*REQUIRED ACTION*
The records below hold a stretch from the line with "(found bad (some bad_state) example).discovery p.name ≡ none" through the line with "found-IsExhaustive _ _ _ _ _ _ none example_5_3.0"; return exactly those lines, ends included, and nothing more.

*MATERIAL SUPPLIED*

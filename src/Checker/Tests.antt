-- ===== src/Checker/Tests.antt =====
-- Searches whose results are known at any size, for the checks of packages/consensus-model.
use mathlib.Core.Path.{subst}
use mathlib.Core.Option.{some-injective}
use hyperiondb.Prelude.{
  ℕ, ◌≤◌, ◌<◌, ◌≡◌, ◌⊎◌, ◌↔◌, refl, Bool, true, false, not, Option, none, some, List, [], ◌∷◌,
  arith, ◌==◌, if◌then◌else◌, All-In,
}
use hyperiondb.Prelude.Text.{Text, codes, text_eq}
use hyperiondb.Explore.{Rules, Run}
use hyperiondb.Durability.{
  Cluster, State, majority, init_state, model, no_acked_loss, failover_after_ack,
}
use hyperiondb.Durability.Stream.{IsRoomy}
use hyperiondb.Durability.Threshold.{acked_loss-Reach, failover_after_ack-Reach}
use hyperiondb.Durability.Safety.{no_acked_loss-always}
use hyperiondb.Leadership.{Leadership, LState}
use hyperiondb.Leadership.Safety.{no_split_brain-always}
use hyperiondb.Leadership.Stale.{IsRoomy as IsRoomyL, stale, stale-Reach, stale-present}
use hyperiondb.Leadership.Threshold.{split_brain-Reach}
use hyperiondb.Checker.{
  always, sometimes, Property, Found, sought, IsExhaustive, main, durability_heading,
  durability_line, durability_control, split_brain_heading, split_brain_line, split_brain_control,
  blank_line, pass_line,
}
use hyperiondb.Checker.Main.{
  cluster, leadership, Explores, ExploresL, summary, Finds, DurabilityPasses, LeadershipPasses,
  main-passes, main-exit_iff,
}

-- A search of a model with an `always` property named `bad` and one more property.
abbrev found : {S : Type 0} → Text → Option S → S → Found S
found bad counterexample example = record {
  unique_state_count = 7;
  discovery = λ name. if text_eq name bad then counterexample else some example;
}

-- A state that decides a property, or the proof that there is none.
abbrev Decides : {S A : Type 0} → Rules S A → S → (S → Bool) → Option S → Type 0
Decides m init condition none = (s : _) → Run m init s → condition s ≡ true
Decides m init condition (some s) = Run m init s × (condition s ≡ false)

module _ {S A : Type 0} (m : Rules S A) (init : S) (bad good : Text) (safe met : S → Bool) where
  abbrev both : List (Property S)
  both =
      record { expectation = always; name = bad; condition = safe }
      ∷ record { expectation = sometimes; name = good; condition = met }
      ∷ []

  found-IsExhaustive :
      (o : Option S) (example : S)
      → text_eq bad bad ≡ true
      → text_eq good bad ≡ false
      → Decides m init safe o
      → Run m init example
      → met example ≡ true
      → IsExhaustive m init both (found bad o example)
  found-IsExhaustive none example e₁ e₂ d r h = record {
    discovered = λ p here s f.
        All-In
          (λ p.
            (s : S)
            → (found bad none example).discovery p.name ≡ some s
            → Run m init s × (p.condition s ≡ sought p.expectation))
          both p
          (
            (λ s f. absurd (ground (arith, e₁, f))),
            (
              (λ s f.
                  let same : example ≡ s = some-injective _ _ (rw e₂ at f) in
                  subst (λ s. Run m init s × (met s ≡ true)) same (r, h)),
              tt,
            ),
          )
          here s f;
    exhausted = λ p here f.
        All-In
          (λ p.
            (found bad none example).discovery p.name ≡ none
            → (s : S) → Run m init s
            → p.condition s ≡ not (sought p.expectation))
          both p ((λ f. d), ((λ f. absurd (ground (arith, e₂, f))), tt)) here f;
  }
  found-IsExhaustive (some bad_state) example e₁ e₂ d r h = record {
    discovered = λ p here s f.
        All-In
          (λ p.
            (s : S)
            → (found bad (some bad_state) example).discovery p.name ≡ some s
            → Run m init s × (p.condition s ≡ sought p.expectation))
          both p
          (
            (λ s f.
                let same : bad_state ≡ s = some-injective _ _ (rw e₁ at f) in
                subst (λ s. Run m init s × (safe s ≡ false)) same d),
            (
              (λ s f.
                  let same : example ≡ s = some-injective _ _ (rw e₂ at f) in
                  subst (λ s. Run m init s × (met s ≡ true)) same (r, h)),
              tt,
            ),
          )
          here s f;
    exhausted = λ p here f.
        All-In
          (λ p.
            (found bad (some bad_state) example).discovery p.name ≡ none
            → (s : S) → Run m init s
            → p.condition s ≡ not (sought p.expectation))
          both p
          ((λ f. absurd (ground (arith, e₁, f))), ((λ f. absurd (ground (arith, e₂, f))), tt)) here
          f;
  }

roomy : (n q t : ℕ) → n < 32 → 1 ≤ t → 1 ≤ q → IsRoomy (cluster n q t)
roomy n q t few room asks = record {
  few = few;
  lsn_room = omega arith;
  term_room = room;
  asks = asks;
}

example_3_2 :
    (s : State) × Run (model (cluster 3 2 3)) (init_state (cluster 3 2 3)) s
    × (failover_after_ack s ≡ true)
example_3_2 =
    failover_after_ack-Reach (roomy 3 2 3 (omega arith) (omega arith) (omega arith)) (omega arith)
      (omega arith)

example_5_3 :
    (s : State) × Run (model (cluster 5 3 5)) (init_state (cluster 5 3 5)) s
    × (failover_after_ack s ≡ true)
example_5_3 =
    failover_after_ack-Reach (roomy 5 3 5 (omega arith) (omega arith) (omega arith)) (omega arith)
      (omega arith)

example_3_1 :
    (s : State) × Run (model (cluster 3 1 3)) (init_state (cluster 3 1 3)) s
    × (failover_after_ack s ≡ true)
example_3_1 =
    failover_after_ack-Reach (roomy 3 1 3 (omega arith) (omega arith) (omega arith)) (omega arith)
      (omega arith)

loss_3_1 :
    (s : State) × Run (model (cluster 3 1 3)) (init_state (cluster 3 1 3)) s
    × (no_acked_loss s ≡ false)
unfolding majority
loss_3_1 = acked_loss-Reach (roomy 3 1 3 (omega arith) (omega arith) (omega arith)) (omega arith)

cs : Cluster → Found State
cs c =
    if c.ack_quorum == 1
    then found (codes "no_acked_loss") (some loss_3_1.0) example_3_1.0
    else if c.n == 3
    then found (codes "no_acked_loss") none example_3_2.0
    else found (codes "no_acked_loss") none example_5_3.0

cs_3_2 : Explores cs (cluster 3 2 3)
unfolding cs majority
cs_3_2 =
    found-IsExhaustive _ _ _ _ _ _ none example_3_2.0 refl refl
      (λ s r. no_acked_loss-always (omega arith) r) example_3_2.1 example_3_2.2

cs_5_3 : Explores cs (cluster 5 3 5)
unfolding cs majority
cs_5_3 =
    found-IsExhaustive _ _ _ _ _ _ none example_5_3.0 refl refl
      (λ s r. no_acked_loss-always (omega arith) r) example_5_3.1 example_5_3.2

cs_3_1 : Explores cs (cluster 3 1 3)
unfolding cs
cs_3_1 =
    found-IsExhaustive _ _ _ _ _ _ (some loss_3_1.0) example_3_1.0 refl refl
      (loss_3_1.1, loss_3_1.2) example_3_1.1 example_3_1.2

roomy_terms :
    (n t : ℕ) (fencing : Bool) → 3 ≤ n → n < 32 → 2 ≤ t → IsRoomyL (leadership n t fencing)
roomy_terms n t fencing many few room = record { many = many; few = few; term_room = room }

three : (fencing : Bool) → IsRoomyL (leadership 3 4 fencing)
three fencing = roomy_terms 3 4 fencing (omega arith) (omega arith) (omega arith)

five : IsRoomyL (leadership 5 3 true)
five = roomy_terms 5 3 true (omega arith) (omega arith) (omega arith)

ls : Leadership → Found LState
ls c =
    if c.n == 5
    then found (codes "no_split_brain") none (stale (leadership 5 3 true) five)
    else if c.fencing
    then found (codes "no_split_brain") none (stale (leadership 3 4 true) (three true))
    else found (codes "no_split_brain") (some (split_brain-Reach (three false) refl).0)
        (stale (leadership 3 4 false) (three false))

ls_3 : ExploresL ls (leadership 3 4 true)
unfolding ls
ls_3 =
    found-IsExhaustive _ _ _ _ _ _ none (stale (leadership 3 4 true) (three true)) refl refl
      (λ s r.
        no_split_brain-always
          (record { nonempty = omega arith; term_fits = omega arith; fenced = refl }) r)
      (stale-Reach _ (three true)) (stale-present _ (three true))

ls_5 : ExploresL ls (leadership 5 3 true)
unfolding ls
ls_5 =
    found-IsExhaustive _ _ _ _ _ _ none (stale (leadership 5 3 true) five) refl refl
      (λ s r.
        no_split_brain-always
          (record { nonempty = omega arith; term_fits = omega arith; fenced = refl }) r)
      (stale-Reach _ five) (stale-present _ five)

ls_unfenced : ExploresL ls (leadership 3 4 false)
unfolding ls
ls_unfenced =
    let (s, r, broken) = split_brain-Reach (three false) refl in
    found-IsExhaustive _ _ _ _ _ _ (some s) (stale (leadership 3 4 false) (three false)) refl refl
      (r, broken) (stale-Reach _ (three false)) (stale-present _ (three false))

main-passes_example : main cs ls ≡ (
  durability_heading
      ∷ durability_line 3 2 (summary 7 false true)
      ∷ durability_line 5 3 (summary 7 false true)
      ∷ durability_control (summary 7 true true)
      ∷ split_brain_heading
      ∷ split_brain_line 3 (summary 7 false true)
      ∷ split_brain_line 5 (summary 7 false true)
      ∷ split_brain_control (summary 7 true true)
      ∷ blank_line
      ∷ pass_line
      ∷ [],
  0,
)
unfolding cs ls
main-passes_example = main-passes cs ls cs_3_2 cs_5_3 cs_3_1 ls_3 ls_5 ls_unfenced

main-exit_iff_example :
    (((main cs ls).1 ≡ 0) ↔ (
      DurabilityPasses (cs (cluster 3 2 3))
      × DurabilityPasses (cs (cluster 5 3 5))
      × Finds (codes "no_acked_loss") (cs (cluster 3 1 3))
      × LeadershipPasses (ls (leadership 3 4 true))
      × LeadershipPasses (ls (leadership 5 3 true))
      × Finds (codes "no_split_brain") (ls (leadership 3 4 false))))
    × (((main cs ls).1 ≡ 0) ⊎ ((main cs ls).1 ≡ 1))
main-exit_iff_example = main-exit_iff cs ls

*FINISHED TASK*
            (found bad (some bad_state) example).discovery p.name ≡ none
            → (s : S) → Run m init s
            → p.condition s ≡ not (sought p.expectation))
          both p
          ((λ f. absurd (ground (arith, e₁, f))), ((λ f. absurd (ground (arith, e₂, f))), tt)) here
          f;
  }

roomy : (n q t : ℕ) → n < 32 → 1 ≤ t → 1 ≤ q → IsRoomy (cluster n q t)
roomy n q t few room asks = record {
  few = few;
  lsn_room = omega arith;
  term_room = room;
  asks = asks;
}

example_3_2 :
    (s : State) × Run (model (cluster 3 2 3)) (init_state (cluster 3 2 3)) s
    × (failover_after_ack s ≡ true)
example_3_2 =
    failover_after_ack-Reach (roomy 3 2 3 (omega arith) (omega arith) (omega arith)) (omega arith)
      (omega arith)

example_5_3 :
    (s : State) × Run (model (cluster 5 3 5)) (init_state (cluster 5 3 5)) s
    × (failover_after_ack s ≡ true)
example_5_3 =
    failover_after_ack-Reach (roomy 5 3 5 (omega arith) (omega arith) (omega arith)) (omega arith)
      (omega arith)

example_3_1 :
    (s : State) × Run (model (cluster 3 1 3)) (init_state (cluster 3 1 3)) s
    × (failover_after_ack s ≡ true)
example_3_1 =
    failover_after_ack-Reach (roomy 3 1 3 (omega arith) (omega arith) (omega arith)) (omega arith)
      (omega arith)

loss_3_1 :
    (s : State) × Run (model (cluster 3 1 3)) (init_state (cluster 3 1 3)) s
    × (no_acked_loss s ≡ false)
unfolding majority
loss_3_1 = acked_loss-Reach (roomy 3 1 3 (omega arith) (omega arith) (omega arith)) (omega arith)

cs : Cluster → Found State
cs c =
    if c.ack_quorum == 1
    then found (codes "no_acked_loss") (some loss_3_1.0) example_3_1.0
    else if c.n == 3
    then found (codes "no_acked_loss") none example_3_2.0
    else found (codes "no_acked_loss") none example_5_3.0

cs_3_2 : Explores cs (cluster 3 2 3)
unfolding cs majority
cs_3_2 =
    found-IsExhaustive _ _ _ _ _ _ none example_3_2.0 refl refl
      (λ s r. no_acked_loss-always (omega arith) r) example_3_2.1 example_3_2.2

cs_5_3 : Explores cs (cluster 5 3 5)
unfolding cs majority
cs_5_3 =
    found-IsExhaustive _ _ _ _ _ _ none example_5_3.0 refl refl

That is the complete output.